**REQUIRED WORK**.
Here is the listing. Report each line in it that contains the string "before".
** DATA TO EXAMINE follows **
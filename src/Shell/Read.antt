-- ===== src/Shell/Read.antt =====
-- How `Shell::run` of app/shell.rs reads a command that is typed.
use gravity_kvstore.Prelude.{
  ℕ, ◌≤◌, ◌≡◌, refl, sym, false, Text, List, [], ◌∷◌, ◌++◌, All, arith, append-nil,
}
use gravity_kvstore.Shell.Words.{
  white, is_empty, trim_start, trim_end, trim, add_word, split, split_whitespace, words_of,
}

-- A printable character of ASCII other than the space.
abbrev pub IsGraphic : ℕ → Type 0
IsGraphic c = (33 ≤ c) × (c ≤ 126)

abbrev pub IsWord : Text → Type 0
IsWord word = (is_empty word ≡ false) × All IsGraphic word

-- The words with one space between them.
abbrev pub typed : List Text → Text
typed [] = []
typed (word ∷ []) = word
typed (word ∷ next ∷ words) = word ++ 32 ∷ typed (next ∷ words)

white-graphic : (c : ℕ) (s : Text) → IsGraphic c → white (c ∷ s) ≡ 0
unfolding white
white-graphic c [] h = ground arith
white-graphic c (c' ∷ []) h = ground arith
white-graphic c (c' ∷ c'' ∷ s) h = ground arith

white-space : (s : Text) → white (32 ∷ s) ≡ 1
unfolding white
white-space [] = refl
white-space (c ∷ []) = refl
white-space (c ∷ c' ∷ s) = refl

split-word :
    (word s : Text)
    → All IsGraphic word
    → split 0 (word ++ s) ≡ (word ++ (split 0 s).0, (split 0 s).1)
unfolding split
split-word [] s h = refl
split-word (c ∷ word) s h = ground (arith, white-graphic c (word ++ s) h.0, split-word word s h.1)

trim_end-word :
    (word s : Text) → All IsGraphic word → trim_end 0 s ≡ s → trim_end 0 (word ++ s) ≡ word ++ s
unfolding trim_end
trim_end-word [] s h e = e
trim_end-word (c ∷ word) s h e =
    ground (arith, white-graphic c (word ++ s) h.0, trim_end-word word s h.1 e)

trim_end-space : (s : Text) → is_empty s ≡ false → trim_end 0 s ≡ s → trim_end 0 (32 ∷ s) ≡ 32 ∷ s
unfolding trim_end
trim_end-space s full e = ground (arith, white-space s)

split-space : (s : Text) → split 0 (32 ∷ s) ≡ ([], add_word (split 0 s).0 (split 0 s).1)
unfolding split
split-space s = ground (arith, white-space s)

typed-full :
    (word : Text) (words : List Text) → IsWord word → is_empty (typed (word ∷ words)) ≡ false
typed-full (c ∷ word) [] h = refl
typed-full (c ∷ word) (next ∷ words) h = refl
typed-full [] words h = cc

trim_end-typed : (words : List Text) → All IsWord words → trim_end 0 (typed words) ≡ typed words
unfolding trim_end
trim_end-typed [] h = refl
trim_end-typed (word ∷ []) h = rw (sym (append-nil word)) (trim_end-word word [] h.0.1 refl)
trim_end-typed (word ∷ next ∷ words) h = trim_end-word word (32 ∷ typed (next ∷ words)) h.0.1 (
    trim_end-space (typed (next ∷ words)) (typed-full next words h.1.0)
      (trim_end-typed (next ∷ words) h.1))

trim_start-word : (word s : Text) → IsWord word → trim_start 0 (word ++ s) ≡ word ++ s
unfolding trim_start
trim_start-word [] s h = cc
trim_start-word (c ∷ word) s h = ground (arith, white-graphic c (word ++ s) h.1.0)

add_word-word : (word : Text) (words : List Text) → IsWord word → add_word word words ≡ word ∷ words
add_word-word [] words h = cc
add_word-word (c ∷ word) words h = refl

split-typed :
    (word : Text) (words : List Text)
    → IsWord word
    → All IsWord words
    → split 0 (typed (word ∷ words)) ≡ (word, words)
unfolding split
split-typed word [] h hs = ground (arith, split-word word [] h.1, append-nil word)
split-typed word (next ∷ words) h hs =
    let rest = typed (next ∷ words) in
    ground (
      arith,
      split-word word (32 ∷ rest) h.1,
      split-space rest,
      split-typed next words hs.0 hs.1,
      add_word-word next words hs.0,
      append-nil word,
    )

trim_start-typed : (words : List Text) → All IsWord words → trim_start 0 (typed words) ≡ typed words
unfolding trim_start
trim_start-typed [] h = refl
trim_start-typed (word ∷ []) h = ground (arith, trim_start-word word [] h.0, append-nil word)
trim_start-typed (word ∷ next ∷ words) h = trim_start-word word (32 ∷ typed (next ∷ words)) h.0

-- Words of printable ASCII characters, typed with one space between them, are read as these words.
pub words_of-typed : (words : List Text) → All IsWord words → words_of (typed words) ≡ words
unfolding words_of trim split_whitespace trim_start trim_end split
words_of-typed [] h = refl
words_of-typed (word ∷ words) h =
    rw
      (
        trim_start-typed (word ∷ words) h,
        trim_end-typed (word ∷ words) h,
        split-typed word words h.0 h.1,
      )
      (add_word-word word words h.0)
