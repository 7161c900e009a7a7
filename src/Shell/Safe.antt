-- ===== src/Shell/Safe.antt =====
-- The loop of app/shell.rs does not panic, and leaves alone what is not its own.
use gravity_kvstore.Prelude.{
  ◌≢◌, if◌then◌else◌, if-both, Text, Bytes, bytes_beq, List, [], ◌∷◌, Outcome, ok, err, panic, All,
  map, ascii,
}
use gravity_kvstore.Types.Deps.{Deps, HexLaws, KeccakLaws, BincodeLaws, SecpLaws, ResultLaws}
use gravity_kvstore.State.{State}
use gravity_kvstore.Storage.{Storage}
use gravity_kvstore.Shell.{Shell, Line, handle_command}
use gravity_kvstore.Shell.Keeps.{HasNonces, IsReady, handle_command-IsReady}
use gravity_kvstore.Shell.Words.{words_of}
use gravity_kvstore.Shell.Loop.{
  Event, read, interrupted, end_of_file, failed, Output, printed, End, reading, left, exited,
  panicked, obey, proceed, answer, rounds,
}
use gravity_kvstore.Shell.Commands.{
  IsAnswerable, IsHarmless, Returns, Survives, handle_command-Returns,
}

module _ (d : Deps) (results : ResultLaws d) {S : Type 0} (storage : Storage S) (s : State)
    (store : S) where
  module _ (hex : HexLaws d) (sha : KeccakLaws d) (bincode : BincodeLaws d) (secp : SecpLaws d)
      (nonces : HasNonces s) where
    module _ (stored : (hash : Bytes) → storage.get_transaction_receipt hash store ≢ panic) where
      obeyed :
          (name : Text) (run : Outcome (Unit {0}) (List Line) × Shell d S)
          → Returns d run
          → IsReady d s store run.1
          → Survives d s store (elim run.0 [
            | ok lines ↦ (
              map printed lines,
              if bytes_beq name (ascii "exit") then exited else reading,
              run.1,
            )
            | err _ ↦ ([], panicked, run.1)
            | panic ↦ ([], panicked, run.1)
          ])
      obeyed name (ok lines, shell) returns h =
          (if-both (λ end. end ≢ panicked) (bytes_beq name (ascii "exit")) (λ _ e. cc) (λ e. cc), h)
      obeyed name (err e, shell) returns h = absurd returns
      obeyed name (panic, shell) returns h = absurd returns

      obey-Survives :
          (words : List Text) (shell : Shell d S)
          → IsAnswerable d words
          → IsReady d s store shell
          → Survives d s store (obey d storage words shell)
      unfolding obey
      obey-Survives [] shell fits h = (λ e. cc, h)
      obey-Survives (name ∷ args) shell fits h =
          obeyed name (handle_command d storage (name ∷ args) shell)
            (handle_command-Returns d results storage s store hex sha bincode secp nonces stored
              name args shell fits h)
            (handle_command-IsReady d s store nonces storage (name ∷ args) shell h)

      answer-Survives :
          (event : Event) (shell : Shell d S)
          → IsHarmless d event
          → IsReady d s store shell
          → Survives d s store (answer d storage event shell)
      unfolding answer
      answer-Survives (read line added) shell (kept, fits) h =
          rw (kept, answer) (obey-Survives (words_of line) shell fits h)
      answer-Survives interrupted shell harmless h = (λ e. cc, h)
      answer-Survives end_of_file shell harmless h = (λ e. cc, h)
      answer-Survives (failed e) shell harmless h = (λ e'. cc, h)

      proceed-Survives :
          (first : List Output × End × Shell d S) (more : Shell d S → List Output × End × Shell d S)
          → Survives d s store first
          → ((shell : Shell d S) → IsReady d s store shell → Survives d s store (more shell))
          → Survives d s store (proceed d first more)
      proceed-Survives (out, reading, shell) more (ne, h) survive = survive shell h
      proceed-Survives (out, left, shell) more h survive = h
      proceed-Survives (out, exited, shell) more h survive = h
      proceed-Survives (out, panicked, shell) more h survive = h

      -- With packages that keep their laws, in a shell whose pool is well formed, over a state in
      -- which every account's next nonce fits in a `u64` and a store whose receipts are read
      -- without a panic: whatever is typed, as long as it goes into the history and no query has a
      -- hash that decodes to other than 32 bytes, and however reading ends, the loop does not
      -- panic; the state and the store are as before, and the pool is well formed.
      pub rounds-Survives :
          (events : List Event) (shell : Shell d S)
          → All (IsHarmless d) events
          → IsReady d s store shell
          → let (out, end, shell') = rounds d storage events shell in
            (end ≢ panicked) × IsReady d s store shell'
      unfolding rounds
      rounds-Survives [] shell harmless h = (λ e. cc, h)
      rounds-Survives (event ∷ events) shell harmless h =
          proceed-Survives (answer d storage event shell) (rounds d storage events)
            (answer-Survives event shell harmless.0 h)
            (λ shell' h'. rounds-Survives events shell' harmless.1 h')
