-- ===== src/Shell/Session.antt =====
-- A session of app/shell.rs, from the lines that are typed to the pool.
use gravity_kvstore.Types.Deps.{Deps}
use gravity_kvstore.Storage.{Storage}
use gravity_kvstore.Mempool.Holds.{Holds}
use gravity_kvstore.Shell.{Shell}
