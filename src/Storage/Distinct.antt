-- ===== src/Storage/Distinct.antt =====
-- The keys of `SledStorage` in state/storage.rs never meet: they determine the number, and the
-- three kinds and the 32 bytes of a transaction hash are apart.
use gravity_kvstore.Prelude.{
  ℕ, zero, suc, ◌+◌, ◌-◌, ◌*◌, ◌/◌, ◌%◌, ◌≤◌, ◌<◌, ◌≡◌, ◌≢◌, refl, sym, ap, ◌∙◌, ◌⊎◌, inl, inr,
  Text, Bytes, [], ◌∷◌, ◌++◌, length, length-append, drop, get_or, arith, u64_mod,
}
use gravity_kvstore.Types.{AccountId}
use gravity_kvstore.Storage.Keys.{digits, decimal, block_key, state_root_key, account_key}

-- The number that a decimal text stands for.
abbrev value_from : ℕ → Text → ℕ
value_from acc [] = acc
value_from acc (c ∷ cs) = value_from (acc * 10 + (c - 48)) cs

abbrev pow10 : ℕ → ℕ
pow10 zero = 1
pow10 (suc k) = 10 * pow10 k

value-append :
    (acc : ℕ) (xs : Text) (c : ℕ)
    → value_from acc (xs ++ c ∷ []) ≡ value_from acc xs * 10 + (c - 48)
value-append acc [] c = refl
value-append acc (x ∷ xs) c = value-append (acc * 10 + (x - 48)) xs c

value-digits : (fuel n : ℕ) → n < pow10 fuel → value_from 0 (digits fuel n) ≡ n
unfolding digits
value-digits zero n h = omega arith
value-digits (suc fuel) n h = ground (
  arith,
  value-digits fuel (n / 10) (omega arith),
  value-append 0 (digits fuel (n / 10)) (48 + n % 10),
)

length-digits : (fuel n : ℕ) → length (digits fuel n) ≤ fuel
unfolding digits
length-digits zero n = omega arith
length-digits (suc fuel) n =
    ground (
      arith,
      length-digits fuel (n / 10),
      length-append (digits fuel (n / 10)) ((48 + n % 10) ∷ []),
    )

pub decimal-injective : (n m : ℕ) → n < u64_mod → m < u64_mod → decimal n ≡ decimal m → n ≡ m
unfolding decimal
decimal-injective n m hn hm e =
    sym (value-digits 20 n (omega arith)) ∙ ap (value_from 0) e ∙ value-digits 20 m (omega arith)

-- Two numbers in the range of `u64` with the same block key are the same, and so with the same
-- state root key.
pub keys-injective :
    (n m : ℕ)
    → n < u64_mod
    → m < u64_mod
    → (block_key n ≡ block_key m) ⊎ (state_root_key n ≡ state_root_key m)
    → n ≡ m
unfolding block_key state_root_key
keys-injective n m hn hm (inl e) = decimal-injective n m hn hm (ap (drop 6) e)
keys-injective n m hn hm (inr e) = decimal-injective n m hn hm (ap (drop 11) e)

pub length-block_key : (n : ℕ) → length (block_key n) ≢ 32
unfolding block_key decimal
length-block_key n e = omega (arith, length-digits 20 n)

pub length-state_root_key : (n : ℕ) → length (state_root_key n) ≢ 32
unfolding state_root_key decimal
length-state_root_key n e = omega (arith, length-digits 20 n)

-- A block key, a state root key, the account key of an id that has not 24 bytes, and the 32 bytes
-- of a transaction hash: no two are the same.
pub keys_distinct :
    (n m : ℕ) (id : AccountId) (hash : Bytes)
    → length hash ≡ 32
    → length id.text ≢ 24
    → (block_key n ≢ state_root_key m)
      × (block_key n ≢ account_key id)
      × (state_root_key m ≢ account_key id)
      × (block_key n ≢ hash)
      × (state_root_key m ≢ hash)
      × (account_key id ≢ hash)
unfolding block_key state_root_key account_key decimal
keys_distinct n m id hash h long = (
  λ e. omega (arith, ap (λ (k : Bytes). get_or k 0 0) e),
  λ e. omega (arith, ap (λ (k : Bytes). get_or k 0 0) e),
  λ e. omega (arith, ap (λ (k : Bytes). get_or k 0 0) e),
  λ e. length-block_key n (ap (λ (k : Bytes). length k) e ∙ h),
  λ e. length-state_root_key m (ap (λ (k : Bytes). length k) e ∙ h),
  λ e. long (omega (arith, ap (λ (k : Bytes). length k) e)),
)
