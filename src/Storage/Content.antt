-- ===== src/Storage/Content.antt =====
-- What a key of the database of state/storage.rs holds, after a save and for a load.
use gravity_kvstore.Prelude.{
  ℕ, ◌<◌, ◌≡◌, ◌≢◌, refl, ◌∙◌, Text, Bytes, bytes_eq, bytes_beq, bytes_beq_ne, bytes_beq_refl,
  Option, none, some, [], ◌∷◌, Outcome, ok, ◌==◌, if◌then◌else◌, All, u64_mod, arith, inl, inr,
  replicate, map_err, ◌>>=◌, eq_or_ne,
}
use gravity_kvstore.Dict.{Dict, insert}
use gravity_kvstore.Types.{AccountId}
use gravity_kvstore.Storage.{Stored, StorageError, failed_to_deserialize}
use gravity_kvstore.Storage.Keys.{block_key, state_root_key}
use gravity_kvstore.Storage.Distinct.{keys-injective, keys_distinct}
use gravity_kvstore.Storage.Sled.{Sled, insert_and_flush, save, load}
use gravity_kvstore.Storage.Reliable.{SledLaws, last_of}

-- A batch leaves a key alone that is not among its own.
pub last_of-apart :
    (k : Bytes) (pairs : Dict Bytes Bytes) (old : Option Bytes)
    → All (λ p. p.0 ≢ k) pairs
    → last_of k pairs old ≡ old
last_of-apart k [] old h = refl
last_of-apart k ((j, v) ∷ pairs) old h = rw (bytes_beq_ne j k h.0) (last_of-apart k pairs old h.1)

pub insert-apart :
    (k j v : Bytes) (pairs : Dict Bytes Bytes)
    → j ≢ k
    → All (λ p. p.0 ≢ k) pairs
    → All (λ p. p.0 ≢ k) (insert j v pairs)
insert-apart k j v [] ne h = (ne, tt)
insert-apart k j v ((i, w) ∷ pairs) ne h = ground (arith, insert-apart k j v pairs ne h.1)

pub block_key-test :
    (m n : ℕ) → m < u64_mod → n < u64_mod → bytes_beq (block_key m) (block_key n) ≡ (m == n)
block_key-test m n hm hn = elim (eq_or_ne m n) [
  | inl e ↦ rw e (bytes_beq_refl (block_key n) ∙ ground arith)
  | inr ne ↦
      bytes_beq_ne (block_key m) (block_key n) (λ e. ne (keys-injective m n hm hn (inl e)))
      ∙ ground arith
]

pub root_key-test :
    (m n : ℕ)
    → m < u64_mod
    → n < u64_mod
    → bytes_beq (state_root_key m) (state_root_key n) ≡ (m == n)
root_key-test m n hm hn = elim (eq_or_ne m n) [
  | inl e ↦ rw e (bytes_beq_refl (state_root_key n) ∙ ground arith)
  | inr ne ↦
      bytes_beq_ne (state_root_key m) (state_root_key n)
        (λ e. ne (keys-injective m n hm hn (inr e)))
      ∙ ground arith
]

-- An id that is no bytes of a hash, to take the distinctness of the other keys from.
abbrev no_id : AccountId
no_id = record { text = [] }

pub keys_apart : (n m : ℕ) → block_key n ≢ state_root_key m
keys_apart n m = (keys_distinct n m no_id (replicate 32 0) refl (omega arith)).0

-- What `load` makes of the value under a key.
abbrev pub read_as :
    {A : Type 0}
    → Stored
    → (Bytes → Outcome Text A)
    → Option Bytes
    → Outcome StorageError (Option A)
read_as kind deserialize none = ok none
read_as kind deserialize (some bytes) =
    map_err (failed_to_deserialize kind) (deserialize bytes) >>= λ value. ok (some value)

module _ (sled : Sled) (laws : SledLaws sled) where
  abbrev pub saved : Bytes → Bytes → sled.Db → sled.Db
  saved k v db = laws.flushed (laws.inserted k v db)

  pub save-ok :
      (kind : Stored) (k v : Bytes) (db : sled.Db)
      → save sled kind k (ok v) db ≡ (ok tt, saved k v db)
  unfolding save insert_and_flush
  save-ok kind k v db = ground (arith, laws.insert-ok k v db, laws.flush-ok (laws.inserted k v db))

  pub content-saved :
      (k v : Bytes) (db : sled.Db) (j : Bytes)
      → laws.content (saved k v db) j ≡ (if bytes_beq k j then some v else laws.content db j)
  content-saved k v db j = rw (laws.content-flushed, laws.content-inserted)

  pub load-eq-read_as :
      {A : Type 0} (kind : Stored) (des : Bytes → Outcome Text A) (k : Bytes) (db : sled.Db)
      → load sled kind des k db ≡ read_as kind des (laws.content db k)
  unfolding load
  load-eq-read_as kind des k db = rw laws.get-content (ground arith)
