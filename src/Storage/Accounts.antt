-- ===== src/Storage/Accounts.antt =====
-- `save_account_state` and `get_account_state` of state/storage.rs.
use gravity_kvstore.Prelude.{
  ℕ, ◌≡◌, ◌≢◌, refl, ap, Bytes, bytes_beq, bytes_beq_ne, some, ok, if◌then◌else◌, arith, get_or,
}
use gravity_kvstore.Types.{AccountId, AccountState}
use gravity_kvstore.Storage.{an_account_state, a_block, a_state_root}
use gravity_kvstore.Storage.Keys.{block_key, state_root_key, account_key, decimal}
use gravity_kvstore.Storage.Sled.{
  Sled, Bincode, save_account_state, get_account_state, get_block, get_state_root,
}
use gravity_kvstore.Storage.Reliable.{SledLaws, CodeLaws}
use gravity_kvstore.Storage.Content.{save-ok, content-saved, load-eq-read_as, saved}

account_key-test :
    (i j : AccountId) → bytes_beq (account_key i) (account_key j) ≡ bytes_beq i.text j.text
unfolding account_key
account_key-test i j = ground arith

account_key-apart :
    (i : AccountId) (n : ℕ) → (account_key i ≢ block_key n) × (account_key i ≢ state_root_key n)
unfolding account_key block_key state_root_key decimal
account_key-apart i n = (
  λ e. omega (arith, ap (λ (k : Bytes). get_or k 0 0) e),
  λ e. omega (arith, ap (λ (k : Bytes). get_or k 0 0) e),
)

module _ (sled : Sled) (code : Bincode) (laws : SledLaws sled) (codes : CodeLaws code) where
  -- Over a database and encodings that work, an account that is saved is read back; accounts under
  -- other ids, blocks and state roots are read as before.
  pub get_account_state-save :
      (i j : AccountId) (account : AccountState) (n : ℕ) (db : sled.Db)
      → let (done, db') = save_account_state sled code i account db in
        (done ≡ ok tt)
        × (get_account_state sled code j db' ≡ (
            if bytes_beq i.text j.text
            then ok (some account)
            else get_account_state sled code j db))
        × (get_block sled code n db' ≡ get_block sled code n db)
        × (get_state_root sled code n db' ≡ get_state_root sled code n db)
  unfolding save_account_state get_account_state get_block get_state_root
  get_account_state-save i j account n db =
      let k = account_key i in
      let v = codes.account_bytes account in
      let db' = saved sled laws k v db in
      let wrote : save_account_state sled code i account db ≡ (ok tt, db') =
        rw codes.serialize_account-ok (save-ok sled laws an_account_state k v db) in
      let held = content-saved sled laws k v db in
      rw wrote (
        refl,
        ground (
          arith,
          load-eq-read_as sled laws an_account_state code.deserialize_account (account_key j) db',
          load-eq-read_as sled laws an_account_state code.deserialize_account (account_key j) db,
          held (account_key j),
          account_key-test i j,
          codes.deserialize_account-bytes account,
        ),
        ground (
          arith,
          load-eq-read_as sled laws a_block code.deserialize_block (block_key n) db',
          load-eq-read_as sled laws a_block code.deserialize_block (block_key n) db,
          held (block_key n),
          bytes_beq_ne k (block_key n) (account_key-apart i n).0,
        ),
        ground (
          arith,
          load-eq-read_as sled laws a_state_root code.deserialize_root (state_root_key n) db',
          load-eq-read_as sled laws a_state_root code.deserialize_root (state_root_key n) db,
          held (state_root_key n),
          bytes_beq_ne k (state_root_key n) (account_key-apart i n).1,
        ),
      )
** End of DATA TO EXAMINE **
**SOLVED EXERCISE**.
      -- panic; the state and the store are as before, and the pool is well formed.
  -- other ids, blocks and state roots are read as before.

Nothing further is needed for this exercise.